Source data =>
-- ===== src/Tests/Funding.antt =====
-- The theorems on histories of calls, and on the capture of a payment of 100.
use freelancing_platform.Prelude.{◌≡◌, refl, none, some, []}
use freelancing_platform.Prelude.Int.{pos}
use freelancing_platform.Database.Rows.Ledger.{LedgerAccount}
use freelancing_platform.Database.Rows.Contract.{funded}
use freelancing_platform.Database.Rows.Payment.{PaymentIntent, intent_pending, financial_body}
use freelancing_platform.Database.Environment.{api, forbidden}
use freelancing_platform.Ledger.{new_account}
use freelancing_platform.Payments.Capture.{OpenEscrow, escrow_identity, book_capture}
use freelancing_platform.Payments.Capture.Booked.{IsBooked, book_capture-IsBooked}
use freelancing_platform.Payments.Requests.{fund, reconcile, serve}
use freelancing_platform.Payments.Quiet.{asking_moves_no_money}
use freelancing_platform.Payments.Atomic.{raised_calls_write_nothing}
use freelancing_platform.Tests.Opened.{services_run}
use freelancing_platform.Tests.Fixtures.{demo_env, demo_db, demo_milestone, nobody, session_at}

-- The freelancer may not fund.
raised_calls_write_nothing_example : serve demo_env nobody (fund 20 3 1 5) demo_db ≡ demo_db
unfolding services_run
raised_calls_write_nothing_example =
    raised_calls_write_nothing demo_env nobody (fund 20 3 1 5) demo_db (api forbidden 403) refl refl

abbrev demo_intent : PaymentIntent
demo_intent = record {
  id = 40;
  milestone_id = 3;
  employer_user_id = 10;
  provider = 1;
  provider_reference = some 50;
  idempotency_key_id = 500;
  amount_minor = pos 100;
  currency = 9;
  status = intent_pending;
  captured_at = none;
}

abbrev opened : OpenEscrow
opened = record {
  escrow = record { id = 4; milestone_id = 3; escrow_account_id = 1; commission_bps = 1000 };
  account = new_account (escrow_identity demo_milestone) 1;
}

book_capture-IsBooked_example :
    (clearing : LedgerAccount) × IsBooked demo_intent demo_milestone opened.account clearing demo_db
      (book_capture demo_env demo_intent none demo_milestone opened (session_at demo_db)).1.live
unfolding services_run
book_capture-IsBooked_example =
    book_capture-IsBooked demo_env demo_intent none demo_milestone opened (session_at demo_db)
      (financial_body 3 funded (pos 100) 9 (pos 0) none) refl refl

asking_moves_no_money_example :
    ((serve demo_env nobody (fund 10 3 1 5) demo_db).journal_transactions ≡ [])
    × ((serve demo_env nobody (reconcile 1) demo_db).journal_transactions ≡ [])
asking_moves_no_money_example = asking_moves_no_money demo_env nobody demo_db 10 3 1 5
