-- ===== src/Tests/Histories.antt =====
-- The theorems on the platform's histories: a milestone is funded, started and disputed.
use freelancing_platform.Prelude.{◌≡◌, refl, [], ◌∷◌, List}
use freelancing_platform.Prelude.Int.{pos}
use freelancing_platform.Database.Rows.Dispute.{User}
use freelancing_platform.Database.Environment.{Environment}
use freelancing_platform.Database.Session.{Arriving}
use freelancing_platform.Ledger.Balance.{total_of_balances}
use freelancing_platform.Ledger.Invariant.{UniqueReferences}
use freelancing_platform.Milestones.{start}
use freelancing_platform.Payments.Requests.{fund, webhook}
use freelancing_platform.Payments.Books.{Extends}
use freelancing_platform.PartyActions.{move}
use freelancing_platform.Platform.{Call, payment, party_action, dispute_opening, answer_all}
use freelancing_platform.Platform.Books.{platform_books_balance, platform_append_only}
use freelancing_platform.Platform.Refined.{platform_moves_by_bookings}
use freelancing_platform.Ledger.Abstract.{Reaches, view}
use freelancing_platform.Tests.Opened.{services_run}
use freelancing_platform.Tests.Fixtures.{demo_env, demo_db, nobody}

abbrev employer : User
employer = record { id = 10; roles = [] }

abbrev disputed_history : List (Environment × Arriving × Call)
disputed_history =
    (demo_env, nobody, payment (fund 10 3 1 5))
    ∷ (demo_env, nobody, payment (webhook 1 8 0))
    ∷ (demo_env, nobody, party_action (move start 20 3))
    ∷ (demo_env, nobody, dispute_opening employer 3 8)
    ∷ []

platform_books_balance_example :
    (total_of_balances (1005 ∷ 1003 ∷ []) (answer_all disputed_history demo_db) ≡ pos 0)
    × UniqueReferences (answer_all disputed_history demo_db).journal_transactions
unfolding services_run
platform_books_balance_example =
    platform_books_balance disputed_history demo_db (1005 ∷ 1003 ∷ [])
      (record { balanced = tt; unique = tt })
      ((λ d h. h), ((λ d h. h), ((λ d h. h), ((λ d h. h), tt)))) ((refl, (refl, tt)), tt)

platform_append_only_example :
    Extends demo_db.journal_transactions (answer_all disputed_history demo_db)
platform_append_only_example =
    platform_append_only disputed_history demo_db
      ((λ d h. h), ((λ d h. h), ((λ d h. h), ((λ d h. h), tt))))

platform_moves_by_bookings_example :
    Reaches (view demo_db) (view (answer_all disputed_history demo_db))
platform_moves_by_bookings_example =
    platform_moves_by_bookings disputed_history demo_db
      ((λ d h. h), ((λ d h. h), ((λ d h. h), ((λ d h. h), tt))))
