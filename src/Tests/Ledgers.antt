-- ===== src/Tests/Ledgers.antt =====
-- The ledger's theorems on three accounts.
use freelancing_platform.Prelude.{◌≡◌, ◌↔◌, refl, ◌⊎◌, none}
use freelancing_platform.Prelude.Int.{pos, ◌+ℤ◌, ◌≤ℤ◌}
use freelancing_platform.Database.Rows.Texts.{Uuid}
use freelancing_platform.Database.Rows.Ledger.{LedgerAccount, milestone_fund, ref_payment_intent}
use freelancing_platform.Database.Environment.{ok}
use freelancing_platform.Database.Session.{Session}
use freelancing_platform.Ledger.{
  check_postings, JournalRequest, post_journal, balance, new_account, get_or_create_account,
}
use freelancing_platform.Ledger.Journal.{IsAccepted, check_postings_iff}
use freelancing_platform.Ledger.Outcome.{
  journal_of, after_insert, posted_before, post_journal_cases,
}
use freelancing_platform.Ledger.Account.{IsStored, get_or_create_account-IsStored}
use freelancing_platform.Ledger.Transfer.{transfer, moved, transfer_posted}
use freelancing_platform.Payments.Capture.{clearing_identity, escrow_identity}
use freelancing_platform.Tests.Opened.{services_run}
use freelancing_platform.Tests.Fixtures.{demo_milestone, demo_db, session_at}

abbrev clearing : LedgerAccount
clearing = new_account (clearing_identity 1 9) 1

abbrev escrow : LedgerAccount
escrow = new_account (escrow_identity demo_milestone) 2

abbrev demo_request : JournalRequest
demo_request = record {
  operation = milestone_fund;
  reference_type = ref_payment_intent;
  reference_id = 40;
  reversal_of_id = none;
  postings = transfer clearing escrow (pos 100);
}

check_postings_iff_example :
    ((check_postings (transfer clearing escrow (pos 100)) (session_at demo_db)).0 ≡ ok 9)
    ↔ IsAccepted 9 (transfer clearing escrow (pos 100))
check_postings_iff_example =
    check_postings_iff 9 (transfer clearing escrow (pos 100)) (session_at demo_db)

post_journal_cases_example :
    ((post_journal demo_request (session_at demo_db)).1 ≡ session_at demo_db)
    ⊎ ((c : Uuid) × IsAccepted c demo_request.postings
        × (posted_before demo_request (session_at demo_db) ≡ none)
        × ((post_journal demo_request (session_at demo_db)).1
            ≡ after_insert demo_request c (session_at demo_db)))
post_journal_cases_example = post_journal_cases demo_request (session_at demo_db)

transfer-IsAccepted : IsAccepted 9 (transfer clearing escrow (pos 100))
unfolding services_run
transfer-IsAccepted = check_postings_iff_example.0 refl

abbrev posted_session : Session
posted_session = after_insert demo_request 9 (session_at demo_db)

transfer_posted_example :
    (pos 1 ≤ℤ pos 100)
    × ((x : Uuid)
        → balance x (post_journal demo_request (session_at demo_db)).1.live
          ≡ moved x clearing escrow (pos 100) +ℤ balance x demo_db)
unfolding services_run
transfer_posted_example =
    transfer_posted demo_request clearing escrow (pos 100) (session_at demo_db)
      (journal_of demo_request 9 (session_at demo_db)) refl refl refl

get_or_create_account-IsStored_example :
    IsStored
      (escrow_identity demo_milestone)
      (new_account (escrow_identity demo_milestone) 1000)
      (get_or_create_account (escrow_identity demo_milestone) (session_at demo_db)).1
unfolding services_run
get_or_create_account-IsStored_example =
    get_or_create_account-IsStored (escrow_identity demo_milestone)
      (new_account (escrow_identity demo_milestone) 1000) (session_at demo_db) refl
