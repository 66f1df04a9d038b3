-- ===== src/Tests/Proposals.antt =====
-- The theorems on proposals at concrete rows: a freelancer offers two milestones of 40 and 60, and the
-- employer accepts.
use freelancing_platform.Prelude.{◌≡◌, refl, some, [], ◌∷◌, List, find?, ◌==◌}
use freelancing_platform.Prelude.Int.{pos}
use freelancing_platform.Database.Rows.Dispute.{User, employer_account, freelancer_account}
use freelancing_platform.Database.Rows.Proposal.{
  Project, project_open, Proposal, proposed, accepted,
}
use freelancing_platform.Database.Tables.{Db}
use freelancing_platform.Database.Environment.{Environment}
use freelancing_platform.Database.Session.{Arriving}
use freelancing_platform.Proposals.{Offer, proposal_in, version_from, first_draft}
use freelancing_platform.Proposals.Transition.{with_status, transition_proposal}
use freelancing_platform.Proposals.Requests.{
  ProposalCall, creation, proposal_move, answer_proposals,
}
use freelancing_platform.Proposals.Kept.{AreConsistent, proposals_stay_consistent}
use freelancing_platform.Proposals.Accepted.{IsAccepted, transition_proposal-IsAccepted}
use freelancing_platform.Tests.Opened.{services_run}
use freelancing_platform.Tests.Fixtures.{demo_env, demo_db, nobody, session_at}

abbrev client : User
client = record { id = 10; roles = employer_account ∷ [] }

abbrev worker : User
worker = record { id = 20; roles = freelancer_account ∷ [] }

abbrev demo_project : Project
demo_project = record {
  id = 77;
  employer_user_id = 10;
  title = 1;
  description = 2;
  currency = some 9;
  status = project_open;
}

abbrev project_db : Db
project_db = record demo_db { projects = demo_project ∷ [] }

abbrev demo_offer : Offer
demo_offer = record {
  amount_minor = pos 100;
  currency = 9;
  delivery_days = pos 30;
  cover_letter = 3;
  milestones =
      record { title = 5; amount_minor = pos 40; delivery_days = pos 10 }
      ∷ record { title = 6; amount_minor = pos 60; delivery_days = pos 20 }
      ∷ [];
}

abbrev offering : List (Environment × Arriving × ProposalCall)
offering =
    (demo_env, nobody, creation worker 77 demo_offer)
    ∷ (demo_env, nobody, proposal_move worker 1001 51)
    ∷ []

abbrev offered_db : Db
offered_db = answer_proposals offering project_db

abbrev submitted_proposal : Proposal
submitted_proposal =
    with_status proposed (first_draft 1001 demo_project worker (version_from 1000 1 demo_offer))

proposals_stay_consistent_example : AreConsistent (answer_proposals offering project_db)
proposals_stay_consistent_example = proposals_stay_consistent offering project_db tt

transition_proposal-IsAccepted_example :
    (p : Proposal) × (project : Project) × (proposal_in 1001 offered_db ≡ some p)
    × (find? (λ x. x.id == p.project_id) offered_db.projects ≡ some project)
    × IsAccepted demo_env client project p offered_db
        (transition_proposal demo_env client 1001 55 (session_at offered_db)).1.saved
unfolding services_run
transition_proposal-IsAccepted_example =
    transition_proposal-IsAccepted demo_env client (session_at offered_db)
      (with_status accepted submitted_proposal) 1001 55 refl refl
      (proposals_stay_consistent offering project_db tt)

ACTION ITEM =>
In the entries above, find each line with the word "JournalRequest" and return it.

ANSWER BELOW =>
  check_postings, JournalRequest, post_journal, balance, new_account, get_or_create_account,
abbrev demo_request : JournalRequest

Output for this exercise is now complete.